En un estudio reciente, Bargh y Shalev de la Universidad de Yale han demostrado que las personas que tienen una sensación de soledad (frialdad social) muestran un aumento de la tendencia a tomar baños calientes o duchas. En un segundo estudio del mismo grupo, comprobaron que disminuyendo la temperatura de la habitación, se incrementaba el sentimiento de soledad. En un tercer estudio, la necesidad de sentir pertenencia a un grupo y la regulación de las emociones, activada por el recuerdo de una experiencia de rechazo en el pasado, se eliminaba pasando por una experiencia de calor físico. Y finalmente, en un cuarto estudio, los dos autores norteamericanos demostraron que las personas no somos conscientes de la relación entre calidad o frialdad física y psíquica porque no establecemos ninguna asociación entre alguien que se baña mucho con alguien que se siente solo (en todo caso pensaremos que es una persona limpia).

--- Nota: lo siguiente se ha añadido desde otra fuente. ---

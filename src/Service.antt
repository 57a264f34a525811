-- ===== src/Service.antt =====
-- src/lib.rs: how the service fills its routing table at the start. The table is the one behind the
-- mutex when `bootstrap` takes the lock.
pub mod Distinct
pub mod Offered
pub mod Waiting
pub mod Node
pub mod Started
pub mod Shared
pub mod Joined
mod Tests
use dht_kad_rs.Base
use dht_kad_rs.Base.{
  ℕ, Bool, true, false, List, [], ◌∷◌, ◌++◌, Option, leb, if◌then◌else◌, Outcome, done, exhausted,
  unwrap, eqb, length, Result, ok, err, ◌==◌,
}
use dht_kad_rs.Base.Effects.{Effect, ◌>>=◌, lift, pure}
use dht_kad_rs.Base.Sort.{sort_by}
use dht_kad_rs.Messages.{Protobuf, Message}
use dht_kad_rs.Messages.Util.{IoError}
use dht_kad_rs.RoutingTable.{RoutingTable, update, nearest_peers}
use dht_kad_rs.RoutingTable.Peers.{Peer, peer_eq}
use dht_kad_rs.Transport.{Network, Async, addresses, join_all, find_node, ping}
use dht_kad_rs.Client.{closer, contains}

-- The peers whose call returned: `results[i]` is the answer of `peers[i]`.
unfoldable pub alive : {P : Protobuf} → List Peer → List (Result (Message P) IoError) → List Peer
alive (p ∷ ps) (ok _ ∷ rs) = p ∷ alive ps rs
alive (p ∷ ps) (err _ ∷ rs) = alive ps rs
alive _ _ = []

-- The peers that the replies name.
unfoldable pub named : {P : Protobuf} → List (Result (Message P) IoError) → Outcome (List Peer)
named [] = done []
named (ok resp ∷ rs) =
    Base.◌>>=◌ (closer resp.closer_peers)
      (λ here. Base.◌>>=◌ (named rs) (λ rest. done (here ++ rest)))
named (err _ ∷ rs) = named rs

-- `!bootstrap_peers.contains(p)`.
unfoldable pub unvisited : List Peer → List Peer → List Peer
unvisited visited [] = []
unvisited visited (p ∷ ps) =
    if contains visited p then unvisited visited ps else p ∷ unvisited visited ps

abbrev pub by_id : Peer → Peer → Bool
by_id p q = leb p.id q.id

-- `Vec::dedup`: of equal neighbours the first is kept.
unfoldable pub dedup_after : Peer → List Peer → List Peer
dedup_after p [] = p ∷ []
dedup_after p (q ∷ qs) = if p == q then dedup_after p qs else p ∷ dedup_after q qs

unfoldable pub dedup : List Peer → List Peer
dedup [] = []
dedup (p ∷ ps) = dedup_after p ps

unfoldable pub candidate_peers : List Peer → List Peer → List Peer
candidate_peers bootstrap_peers ps = dedup (sort_by by_id (unvisited bootstrap_peers ps))

-- The last loop; a peer that the table refuses is logged.
unfoldable pub update_all : RoutingTable → List Peer → Outcome RoutingTable
update_all rt [] = done rt
update_all rt (p ∷ ps) = Base.◌>>=◌ (update rt p) (λ r. update_all r.0 ps)

-- The loop of `wait_for_connection`, over the tables that it finds behind the mutex, second by second.
-- After the last of them it would still wait.
unfoldable pub wait_for_connection : ℕ → List RoutingTable → Outcome (Unit {0})
wait_for_connection id [] = exhausted
wait_for_connection id (rt ∷ rts) =
    Base.◌>>=◌ (nearest_peers rt id 2)
      (λ near. if leb 1 (length near) then done tt else wait_for_connection id rts)

-- The wait of `bootstrap`.
unfoldable pub await_first : ℕ → List RoutingTable → List Peer → Outcome (Unit {0})
await_first id polled bootstrap_peers =
    if eqb (length bootstrap_peers) 0 then wait_for_connection id polled else done tt

module _ {P : Protobuf} (net : Network P) (local : Peer) where
  -- One call to every peer; an address that does not read panics before any call is made.
  unfoldable pub ask :
      (net.SocketAddr → Async net (Message P))
      → List Peer
      → Effect net.World (List (Result (Message P) IoError))
  ask call peers = do
    addrs ← lift (addresses net peers)
    λ w. let (w', rs) = join_all net call addrs w in (w', done rs)

  unfoldable pub alive_peers : List Peer → Effect net.World (List Peer)
  alive_peers bootstrap_peers = do
    introduced ← ask (λ a. find_node net local a local.id) bootstrap_peers
    names ← lift (named introduced)
    let candidates = candidate_peers bootstrap_peers names
    pinged ← ask (λ a. ping net local a) candidates
    pure (alive bootstrap_peers introduced ++ alive candidates pinged)

  -- The table that `bootstrap` leaves, from the tables that it waits on and the table that it locks.
  unfoldable pub bootstrap :
      List RoutingTable → RoutingTable → List Peer → Effect net.World RoutingTable
  bootstrap polled rt bootstrap_peers = do
    _ ← lift (await_first local.id polled bootstrap_peers)
    peers ← alive_peers bootstrap_peers
    lift (update_all rt peers)
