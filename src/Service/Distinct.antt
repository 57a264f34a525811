-- ===== src/Service/Distinct.antt =====
-- The candidates of `bootstrap` after `dedup`.
use mathlib.Core.List.{
  mem-cons, mem-cons_self, mem-cons_of_mem, not-mem-nil, Mem-prop, Nodup-cons, Nodup-nil,
  Pairwise-cons,
}
use mathlib.Core.List.Perm
use mathlib.Core.List.Pairwise
use mathlib.Core.Logic.Or
use native.Mathlib.Bridge.{le_prop}
use dht_kad_rs.Base.{
  ◌≤◌, ◌≡◌, sym, subst, ap, List, [], ◌∷◌, Mem, Pairwise, Nodup, false, Bool-cases, inl, inr, ◌==◌,
  same_of_eq, arith, leb→le, le→leb,
}
use dht_kad_rs.Base.Sort.{sort_by, sort_by-perm, sort_by-IsSorted}
use dht_kad_rs.RoutingTable.Peers.{Peer, peer_eq}
use dht_kad_rs.Client.{contains}
use dht_kad_rs.Service.{unvisited, by_id, dedup_after, dedup, candidate_peers}

abbrev Ascends : List Peer → Type 0
Ascends = Pairwise (λ p q. p.id ≤ q.id)

-- An identifier belongs to one peer of `ps`.
abbrev pub Identified : List Peer → Type 0
Identified ps = (p q : Peer) → Mem p ps → Mem q ps → p.id ≡ q.id → p ≡ q

mem-dedup_after : (p : Peer) (ps : List Peer) (q : Peer) → Mem q (dedup_after p ps) → Mem q (p ∷ ps)
unfolding dedup_after
mem-dedup_after p [] q m = m
mem-dedup_after p (r ∷ rs) q m = elim (Bool-cases (p == r)) [
  | inl same ↦
      Or.elim Mem-prop (mem-cons.0 (mem-dedup_after p rs q (rw same at m)))
        (λ z. subst (λ x. Mem x (p ∷ r ∷ rs)) (sym z) mem-cons_self)
        (λ later. mem-cons_of_mem p (mem-cons_of_mem r later))
  | inr other ↦
      Or.elim Mem-prop (mem-cons.0 (rw other at m))
        (λ z. subst (λ x. Mem x (p ∷ r ∷ rs)) (sym z) mem-cons_self)
        (λ later. mem-cons_of_mem p (mem-dedup_after r rs q later))
]

-- In an ascending list the first peer that is not equal to the second does not occur again.
first_apart :
    (p r : Peer) (rs : List Peer)
    → Ascends (p ∷ r ∷ rs)
    → Identified (p ∷ r ∷ rs)
    → (p == r) ≡ false
    → ¬ Mem p (r ∷ rs)
first_apart p r rs up one other m =
    let (low, rest) = Pairwise-cons.0 up in
    let (next, _) = Pairwise-cons.0 rest in
    let above : r.id ≤ p.id =
      Or.elim le_prop (mem-cons.0 m) (λ z. omega (arith, ap (λ (q : Peer). q.id) z))
        (λ later. next p later) in
    let below = low r mem-cons_self in
    let same = one p r mem-cons_self (mem-cons_of_mem p mem-cons_self) (omega arith) in
    cc (same_of_eq p r same)

dedup_after-Nodup :
    (p : Peer) (ps : List Peer) → Ascends (p ∷ ps) → Identified (p ∷ ps) → Nodup (dedup_after p ps)
unfolding dedup_after
dedup_after-Nodup p [] up one = Nodup-cons.1 (not-mem-nil, Nodup-nil)
dedup_after-Nodup p (r ∷ rs) up one =
    let (low, rest) = Pairwise-cons.0 up in
    let (_, tail) = Pairwise-cons.0 rest in
    elim (Bool-cases (p == r)) [
      | inl same ↦ rw same (
          dedup_after-Nodup p rs (Pairwise.cons (λ q m. low q (mem-cons_of_mem r m)) tail)
            (λ a b ma mb. one a b (widened a ma) (widened b mb)))
      | inr other ↦ rw other (
          Nodup-cons.1 (
            λ m. first_apart p r rs up one other (mem-dedup_after r rs p m),
            dedup_after-Nodup r rs rest
                (λ a b ma mb. one a b (mem-cons_of_mem p ma) (mem-cons_of_mem p mb)),
          ))
    ]
  where
    widened : (a : Peer) → Mem a (p ∷ rs) → Mem a (p ∷ r ∷ rs)
    widened a m =
        Or.elim Mem-prop (mem-cons.0 m) (λ z. subst (λ x. Mem x (p ∷ r ∷ rs)) (sym z) mem-cons_self)
          (λ later. mem-cons_of_mem p (mem-cons_of_mem r later))

dedup-Nodup : (ps : List Peer) → Ascends ps → Identified ps → Nodup (dedup ps)
unfolding dedup
dedup-Nodup [] up one = Nodup-nil
dedup-Nodup (p ∷ ps) up one = dedup_after-Nodup p ps up one

mem-unvisited : (visited ps : List Peer) (q : Peer) → Mem q (unvisited visited ps) → Mem q ps
unfolding unvisited
mem-unvisited visited [] q m = m
mem-unvisited visited (p ∷ ps) q m = elim (Bool-cases (contains visited p)) [
  | inl seen ↦ mem-cons_of_mem p (mem-unvisited visited ps q (rw seen at m))
  | inr new ↦
      Or.elim Mem-prop (mem-cons.0 (rw new at m))
        (λ z. subst (λ x. Mem x (p ∷ ps)) (sym z) mem-cons_self)
        (λ later. mem-cons_of_mem p (mem-unvisited visited ps q later))
]

mem-dedup : (ps : List Peer) (q : Peer) → Mem q (dedup ps) → Mem q ps
unfolding dedup
mem-dedup [] q m = m
mem-dedup (p ∷ ps) q m = mem-dedup_after p ps q m

-- Every candidate was named.
pub mem-candidate_peers :
    (bootstrap_peers ps : List Peer) (q : Peer)
    → Mem q (candidate_peers bootstrap_peers ps)
    → Mem q ps
unfolding candidate_peers
mem-candidate_peers bootstrap_peers ps q m =
    let new = unvisited bootstrap_peers ps in
    mem-unvisited bootstrap_peers ps q
      ((Perm.mem_iff (sort_by-perm by_id new)).0 (mem-dedup (sort_by by_id new) q m))

-- If an identifier belongs to one peer only among the peers that were named, no candidate of
-- `bootstrap` is pinged twice.
pub candidate_peers-Nodup :
    (bootstrap_peers ps : List Peer) → Identified ps → Nodup (candidate_peers bootstrap_peers ps)
unfolding candidate_peers
candidate_peers-Nodup bootstrap_peers ps one =
    let new = unvisited bootstrap_peers ps in
    let sorted = sort_by-perm by_id new in
    let source = λ (q : Peer) (m : Mem q (sort_by by_id new)).
      mem-unvisited bootstrap_peers ps q ((Perm.mem_iff sorted).0 m) in
    dedup-Nodup (sort_by by_id new)
      (Pairwise.imp (λ a b h. leb→le _ _ h)
        (sort_by-IsSorted by_id
          (λ a b c h k. le→leb _ _ (omega (arith, leb→le a.id b.id h, leb→le b.id c.id k)))
          (λ a b h. le→leb _ _ (ground arith)) new))
      (λ p q mp mq. one p q (source p mp) (source q mq))
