-- ===== src/Service/Offered.antt =====
-- What the table holds after `bootstrap`.
use mathlib.Core.List.{mem-cons, mem-cons_self, mem-cons_of_mem, not-mem-nil, Mem-prop}
use mathlib.Core.Logic.Or
use mathlib.Core.Logic.{∨₁_prop}
use dht_kad_rs.Base.{
  ◌+◌, ◌⊎◌, inl, inr, length, ◌<◌, ◌≡◌, refl, sym, subst, ◌∙◌, List, [], ◌∷◌, Mem, done, arith,
  ◌∨₁◌,
}
use dht_kad_rs.Keyutil.{IsKey}
use dht_kad_rs.Messages.{Protobuf}
use dht_kad_rs.RoutingTable.{RoutingTable}
use dht_kad_rs.RoutingTable.Peers.{Peer}
use dht_kad_rs.RoutingTable.Members.{members}
use dht_kad_rs.RoutingTable.Invariant.{IsWellFormed}
use dht_kad_rs.RoutingTable.Inserted.{
  Reply, Inserted, Kept, members-Inserted, Inserted-there, length-Inserted,
}
use dht_kad_rs.RoutingTable.Update.{update_lem}
use dht_kad_rs.Transport.{Network}
use dht_kad_rs.Service.{update_all, await_first, alive_peers, bootstrap}

abbrev pub AllKeys : List Peer → Type 0
AllKeys [] = Unit {0}
AllKeys (p ∷ ps) = IsKey p.id × AllKeys ps

-- Every identifier is a `u128`.
abbrev pub Keyed : List Peer → Type 0
Keyed ps = (q : Peer) → Mem q ps → IsKey q.id

pub Keyed-AllKeys : (ps : List Peer) → Keyed ps → AllKeys ps
Keyed-AllKeys [] keyed = tt
Keyed-AllKeys (p ∷ ps) keyed =
    (keyed p mem-cons_self, Keyed-AllKeys ps (λ q m. keyed q (mem-cons_of_mem p m)))

-- Each of the peers in turn is offered to the table: it is inserted, as `Inserted` says.
pub data EachOffered : RoutingTable → List Peer → RoutingTable → Type 0 where
  nobody : {rt : RoutingTable} → EachOffered rt [] rt
  offered :
      {rt rt' : RoutingTable} {p : Peer} {ps : List Peer} (r : Reply)
      → Inserted rt p r
      → EachOffered r.0 ps rt'
      → EachOffered rt (p ∷ ps) rt'

-- The table `rt'` comes from `rt` by offers of the peers `ps`, one after the other. If `k` peers are no
-- fewer than those of `rt` and of `ps` together, all of `ps` are in it.
pub record Offers (rt : RoutingTable) (ps : List Peer) (rt' : RoutingTable) : Type 0 where
  pub same_k : rt'.k ≡ rt.k
  pub same_local : rt'.local ≡ rt.local
  pub well_formed : IsWellFormed rt'
  pub each : EachOffered rt ps rt'
  pub entered :
      (rt.k < length (members rt) + length ps) ⊎ ((q : Peer) → Mem q ps → Mem q (members rt'))
  pub keeps : (q : Peer) → Mem q (members rt) → Mem q (members rt')
  pub takes : (q : Peer) → Mem q (members rt') → Mem q ps ∨₁ Mem q (members rt)

-- With the first of the peers.
entered_first :
    {rt rt' : RoutingTable} {p : Peer} {ps : List Peer} {r : Reply}
    → Inserted rt p r
    → Kept rt r
    → Offers r.0 ps rt'
    → (rt.k < length (members rt) + length (p ∷ ps))
      ⊎ ((q : Peer) → Mem q (p ∷ ps) → Mem q (members rt'))
entered_first {rt' = rt'} inserted kept o = elim o.entered [
  | inl crowded ↦ inl (omega (arith, crowded, kept.same_k, length-Inserted inserted))
  | inr later ↦ elim (Inserted-there inserted) [
    | inl full ↦ inl (omega (arith, full))
    | inr here ↦ inr (λ q m.
        Or.elim Mem-prop (mem-cons.0 m)
          (λ z. subst (λ x. Mem x (members rt')) (sym z) (o.keeps _ here)) (later q))
  ]
]

pub update_all_lem :
    (rt : RoutingTable) (ps : List Peer)
    → IsWellFormed rt
    → 0 < rt.k
    → AllKeys ps
    → (rt' : RoutingTable) × (update_all rt ps ≡ done rt') × Offers rt ps rt'
unfolding update_all
update_all_lem rt [] w pos keys = (
  rt,
  refl,
  record {
    same_k = refl;
    same_local = refl;
    well_formed = w;
    each = nobody;
    entered = inr (λ q m. absurd (not-mem-nil m));
    keeps = λ q m. m;
    takes = λ q m. Or.inr m;
  },
)
update_all_lem rt (p ∷ ps) w pos (key, keys) =
    let (r, e, kept, inserted) = update_lem rt p w pos key in
    let (old, new) = members-Inserted inserted in
    let (rt', f, o) = update_all_lem r.0 ps kept.well_formed (omega (arith, kept.same_k)) keys in
    (
      rt',
      rw (e, f),
      record {
        same_k = o.same_k ∙ kept.same_k;
        same_local = o.same_local ∙ kept.same_local;
        well_formed = o.well_formed;
        each = offered r inserted o.each;
        entered = entered_first inserted kept o;
        keeps = λ q m. o.keeps q (old q m);
        takes = λ q m.
            Or.elim ∨₁_prop (o.takes q m) (λ here. Or.inl (mem-cons_of_mem p here))
              (λ there.
                Or.elim ∨₁_prop (mem-cons.0 (new q there))
                  (λ z. Or.inl (subst (λ x. Mem x (p ∷ ps)) (sym z) mem-cons_self))
                  (λ m'. Or.inr m'));
      },
    )

-- From a well-formed table with `k` above zero, once the wait for a first connection is over, and with
-- calls that end with the live peers `ps`, all with a `u128`, `bootstrap` returns a well-formed table with
-- the same `k` and local peer, to which each of `ps` was offered.
pub bootstrap_lem :
    {P : Protobuf} (net : Network P) (polled : List RoutingTable) (rt : RoutingTable)
    (bootstrap_peers ps : List Peer) (w w' : net.World)
    → IsWellFormed rt
    → 0 < rt.k
    → await_first rt.local.id polled bootstrap_peers ≡ done tt
    → alive_peers net rt.local bootstrap_peers w ≡ (w', done ps)
    → AllKeys ps
    → (rt' : RoutingTable) × (bootstrap net rt.local polled rt bootstrap_peers w ≡ (w', done rt'))
      × Offers rt ps rt'
unfolding bootstrap
bootstrap_lem net polled rt bootstrap_peers ps w w' wf pos over live keys =
    let (rt', e, o) = update_all_lem rt ps wf pos keys in (rt', rw (over, live, e), o)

Esto indica que el calor físico y social se mezclan en nuestra vida diaria y que esos efectos de sustitución, un baño caliente por un poco de cariño, suponen un mecanismo autoregulatorio inconsciente. El baño caliente nos calma y nos hace sentirnos mejor. Está claro que bañarse o ducharse con alguien todavía puede ser más efectivo como herramienta contra la soledad.
La razón para esta conexión entre calor físico y calor psicológico, parece estar, como siempre, en nuestro cerebro. La corteza insular está implicada en el procesamiento tanto de la temperatura ambiente como de la sensación psicosocial sobre la calidez o frialdad de un encuentro, incluyendo sentimientos de confianza, empatía y emociones sociales como la vergüenza o la culpa. Estudios con resonancia magnética funcional han comprobado que una parte de esa corteza insular, la ínsula anterior izquierda, se activa por cambios en la temperatura y también por sentimientos de traición o confianza entre personas que participan en un juego.
Como en otros temas de los que hemos tratado, la Poesía, la Literatura, el Arte, llegan a menudo antes que la Ciencia a muchos descubrimientos. En la Divina Comedia, Dante encuentra en el Infierno a distintos grupos de pecadores, entre ellos a los que han cometido el pecado de traicionar a una persona que confiaba en ellos, a su país, a Dios. El castigo para este caso de frialdad social extrema es una frialdad física extrema: estos personajes aparecen congelados ante los ojos de Dante y Virgilio, y rodean a Satán, el paradigma de la traición.